:: Exercise requirements ::
There is one span to output from the data below: the lines starting at the line with "-- ===== src/History/Fold.antt" and ending at the line with "-- Every cell". Output it exactly, ends included, nothing more.

:: Dataset records ::
+ + + +
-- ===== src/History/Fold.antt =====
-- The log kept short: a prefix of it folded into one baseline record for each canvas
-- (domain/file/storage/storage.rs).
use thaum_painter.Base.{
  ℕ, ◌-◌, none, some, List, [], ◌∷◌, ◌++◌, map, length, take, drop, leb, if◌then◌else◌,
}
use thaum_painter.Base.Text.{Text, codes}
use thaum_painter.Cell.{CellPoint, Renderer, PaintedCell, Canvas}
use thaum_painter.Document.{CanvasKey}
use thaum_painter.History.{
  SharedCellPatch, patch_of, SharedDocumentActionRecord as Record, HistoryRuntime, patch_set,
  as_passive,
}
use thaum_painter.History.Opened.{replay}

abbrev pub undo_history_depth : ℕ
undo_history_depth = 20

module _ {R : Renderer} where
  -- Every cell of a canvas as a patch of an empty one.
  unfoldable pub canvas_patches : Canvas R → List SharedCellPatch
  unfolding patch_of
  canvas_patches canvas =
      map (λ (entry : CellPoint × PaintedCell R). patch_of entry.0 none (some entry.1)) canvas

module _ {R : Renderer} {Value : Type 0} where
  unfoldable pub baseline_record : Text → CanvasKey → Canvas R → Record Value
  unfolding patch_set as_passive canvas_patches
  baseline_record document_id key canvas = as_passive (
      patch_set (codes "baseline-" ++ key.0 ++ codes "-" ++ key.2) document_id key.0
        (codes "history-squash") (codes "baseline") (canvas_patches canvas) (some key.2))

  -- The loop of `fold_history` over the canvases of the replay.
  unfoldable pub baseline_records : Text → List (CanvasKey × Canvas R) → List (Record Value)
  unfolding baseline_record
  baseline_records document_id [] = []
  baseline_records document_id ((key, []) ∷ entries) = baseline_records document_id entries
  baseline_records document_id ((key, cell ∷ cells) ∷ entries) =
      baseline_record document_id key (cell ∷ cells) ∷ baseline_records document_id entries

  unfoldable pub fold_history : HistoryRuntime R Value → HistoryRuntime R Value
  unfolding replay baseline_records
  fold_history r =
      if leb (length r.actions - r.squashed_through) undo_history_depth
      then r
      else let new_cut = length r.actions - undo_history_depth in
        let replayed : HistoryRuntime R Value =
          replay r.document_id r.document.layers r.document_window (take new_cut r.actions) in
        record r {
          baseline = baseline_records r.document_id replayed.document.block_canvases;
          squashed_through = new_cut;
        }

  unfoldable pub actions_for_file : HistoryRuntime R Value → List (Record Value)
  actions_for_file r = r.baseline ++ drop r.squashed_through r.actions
+ + + +
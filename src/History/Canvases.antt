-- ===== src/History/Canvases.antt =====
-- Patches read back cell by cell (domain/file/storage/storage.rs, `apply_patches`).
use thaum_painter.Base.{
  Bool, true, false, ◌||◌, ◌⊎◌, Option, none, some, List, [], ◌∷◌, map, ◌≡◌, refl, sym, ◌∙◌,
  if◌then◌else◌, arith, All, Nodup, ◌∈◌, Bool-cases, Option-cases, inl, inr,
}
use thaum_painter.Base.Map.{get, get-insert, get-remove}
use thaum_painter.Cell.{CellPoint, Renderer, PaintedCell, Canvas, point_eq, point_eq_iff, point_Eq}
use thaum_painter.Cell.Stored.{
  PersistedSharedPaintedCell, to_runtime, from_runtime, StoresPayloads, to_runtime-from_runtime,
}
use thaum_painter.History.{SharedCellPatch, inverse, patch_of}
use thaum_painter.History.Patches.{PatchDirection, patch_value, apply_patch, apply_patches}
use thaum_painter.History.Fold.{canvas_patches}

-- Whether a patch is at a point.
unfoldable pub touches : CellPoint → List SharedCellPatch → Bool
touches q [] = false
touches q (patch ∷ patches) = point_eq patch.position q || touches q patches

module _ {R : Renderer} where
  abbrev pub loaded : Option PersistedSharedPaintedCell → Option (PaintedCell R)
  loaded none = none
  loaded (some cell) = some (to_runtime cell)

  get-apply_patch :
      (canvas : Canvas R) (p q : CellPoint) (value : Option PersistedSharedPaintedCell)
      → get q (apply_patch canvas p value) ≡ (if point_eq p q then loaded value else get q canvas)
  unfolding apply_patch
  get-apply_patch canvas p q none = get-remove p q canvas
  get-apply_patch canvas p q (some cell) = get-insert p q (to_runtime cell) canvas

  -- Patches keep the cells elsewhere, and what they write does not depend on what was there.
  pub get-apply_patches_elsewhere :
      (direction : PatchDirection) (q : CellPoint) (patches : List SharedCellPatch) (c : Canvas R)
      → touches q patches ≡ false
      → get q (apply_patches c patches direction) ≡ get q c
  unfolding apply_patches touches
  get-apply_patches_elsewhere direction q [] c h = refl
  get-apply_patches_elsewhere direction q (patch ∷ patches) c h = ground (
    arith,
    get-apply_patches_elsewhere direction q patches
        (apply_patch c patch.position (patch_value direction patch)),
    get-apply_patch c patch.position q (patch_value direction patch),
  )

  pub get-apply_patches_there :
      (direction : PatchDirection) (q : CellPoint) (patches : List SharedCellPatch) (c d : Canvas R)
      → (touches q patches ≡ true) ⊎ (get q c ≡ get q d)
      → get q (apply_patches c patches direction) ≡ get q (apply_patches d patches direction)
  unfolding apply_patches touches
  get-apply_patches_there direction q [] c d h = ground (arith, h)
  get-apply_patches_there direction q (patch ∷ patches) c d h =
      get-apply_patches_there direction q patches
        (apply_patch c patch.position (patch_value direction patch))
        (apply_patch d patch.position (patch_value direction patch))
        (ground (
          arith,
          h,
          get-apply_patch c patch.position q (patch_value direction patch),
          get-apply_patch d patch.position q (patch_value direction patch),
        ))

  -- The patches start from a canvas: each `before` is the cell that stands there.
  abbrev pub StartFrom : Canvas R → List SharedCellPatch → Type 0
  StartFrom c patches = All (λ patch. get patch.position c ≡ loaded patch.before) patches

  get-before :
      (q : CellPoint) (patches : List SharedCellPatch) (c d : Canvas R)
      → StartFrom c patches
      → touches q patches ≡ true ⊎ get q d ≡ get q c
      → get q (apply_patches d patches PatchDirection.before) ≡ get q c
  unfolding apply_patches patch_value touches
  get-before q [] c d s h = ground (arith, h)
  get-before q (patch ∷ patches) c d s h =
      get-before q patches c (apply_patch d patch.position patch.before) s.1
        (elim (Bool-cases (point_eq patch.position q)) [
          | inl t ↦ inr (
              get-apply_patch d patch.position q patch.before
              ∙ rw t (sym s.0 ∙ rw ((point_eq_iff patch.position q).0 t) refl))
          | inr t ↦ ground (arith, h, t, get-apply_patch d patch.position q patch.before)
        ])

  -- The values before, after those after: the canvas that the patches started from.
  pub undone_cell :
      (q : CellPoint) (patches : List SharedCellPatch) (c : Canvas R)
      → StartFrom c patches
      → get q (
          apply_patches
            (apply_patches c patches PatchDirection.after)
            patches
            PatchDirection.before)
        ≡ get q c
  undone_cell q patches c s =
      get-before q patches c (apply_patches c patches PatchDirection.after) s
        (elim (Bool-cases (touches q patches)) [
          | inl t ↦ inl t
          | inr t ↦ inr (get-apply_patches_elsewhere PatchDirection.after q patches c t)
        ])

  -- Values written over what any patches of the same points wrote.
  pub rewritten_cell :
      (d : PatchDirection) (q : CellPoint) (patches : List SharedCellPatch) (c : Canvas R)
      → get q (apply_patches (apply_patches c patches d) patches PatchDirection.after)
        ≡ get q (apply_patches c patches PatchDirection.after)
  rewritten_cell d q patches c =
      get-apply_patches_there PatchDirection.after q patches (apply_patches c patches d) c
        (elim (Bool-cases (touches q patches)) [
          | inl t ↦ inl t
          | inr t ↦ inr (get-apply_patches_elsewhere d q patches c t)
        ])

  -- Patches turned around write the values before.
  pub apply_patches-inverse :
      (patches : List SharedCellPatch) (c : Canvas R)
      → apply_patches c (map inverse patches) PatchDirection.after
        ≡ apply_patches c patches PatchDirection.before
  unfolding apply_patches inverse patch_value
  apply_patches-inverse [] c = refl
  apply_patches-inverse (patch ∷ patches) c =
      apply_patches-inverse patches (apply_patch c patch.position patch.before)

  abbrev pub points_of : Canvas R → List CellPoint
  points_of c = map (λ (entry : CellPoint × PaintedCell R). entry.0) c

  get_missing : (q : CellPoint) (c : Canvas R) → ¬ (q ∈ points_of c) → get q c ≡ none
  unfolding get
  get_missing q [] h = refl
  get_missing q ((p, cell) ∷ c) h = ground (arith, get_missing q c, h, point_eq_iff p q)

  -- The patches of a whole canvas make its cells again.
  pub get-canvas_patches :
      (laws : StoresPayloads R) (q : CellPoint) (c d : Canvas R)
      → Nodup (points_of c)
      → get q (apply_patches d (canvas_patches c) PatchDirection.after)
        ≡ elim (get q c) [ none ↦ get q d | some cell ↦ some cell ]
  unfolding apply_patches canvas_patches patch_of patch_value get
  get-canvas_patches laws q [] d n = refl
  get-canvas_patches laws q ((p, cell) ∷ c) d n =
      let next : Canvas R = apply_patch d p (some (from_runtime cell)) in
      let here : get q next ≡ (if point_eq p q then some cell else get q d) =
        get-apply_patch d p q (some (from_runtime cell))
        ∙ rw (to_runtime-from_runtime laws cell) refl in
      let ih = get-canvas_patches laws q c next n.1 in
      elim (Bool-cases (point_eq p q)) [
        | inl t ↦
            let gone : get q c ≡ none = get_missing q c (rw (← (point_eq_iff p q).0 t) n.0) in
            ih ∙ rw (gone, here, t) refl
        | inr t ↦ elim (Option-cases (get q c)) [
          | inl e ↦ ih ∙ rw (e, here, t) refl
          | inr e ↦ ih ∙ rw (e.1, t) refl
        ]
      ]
+ + + +
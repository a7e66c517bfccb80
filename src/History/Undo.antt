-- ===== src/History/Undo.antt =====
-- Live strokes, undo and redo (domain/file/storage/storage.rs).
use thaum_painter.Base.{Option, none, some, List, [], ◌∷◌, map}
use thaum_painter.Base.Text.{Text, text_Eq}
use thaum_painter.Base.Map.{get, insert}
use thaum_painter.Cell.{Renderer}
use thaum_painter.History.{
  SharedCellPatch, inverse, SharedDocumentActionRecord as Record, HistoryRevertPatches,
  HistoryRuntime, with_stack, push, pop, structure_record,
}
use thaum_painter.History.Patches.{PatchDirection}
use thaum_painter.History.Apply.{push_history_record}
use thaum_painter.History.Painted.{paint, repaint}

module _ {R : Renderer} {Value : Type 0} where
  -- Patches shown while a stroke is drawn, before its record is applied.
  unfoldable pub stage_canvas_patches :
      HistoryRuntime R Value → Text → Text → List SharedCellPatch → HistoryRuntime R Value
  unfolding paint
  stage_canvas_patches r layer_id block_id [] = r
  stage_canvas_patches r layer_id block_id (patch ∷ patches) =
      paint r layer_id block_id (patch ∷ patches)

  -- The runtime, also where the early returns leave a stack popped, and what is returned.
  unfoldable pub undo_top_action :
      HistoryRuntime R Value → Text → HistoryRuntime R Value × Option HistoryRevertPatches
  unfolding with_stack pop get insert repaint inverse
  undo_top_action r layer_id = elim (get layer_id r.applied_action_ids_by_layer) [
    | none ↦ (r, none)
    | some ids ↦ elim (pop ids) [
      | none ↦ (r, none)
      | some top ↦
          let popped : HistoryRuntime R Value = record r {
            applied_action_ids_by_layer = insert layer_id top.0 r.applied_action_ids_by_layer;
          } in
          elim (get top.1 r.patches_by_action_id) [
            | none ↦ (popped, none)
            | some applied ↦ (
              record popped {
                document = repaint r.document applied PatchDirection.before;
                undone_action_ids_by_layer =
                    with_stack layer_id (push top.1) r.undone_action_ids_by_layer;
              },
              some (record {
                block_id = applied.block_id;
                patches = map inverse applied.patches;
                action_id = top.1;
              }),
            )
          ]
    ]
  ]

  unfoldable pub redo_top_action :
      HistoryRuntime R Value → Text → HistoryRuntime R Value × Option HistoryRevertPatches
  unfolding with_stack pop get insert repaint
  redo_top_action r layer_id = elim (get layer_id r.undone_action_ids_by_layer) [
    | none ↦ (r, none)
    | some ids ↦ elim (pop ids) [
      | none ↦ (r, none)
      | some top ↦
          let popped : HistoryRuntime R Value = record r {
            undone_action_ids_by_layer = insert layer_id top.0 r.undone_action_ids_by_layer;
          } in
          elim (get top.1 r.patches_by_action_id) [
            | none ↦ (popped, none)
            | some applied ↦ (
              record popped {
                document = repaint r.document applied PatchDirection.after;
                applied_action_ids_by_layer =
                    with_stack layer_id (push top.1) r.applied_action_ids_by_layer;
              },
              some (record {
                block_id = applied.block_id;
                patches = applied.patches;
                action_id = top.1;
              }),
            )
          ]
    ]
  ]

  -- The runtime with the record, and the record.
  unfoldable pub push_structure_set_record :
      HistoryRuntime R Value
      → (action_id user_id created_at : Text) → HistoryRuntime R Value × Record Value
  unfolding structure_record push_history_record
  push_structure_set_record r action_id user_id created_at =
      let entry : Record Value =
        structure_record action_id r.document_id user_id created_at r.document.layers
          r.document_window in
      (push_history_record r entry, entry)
+ + + +
:: Solution ::
-- ===== src/History/Fold.antt =====
-- The log kept short: a prefix of it folded into one baseline record for each canvas
-- (domain/file/storage/storage.rs).
use thaum_painter.Base.{
  ℕ, ◌-◌, none, some, List, [], ◌∷◌, ◌++◌, map, length, take, drop, leb, if◌then◌else◌,
}
use thaum_painter.Base.Text.{Text, codes}
use thaum_painter.Cell.{CellPoint, Renderer, PaintedCell, Canvas}
use thaum_painter.Document.{CanvasKey}
use thaum_painter.History.{
  SharedCellPatch, patch_of, SharedDocumentActionRecord as Record, HistoryRuntime, patch_set,
  as_passive,
}
use thaum_painter.History.Opened.{replay}

abbrev pub undo_history_depth : ℕ
undo_history_depth = 20

module _ {R : Renderer} where
  -- Every cell of a canvas as a patch of an empty one.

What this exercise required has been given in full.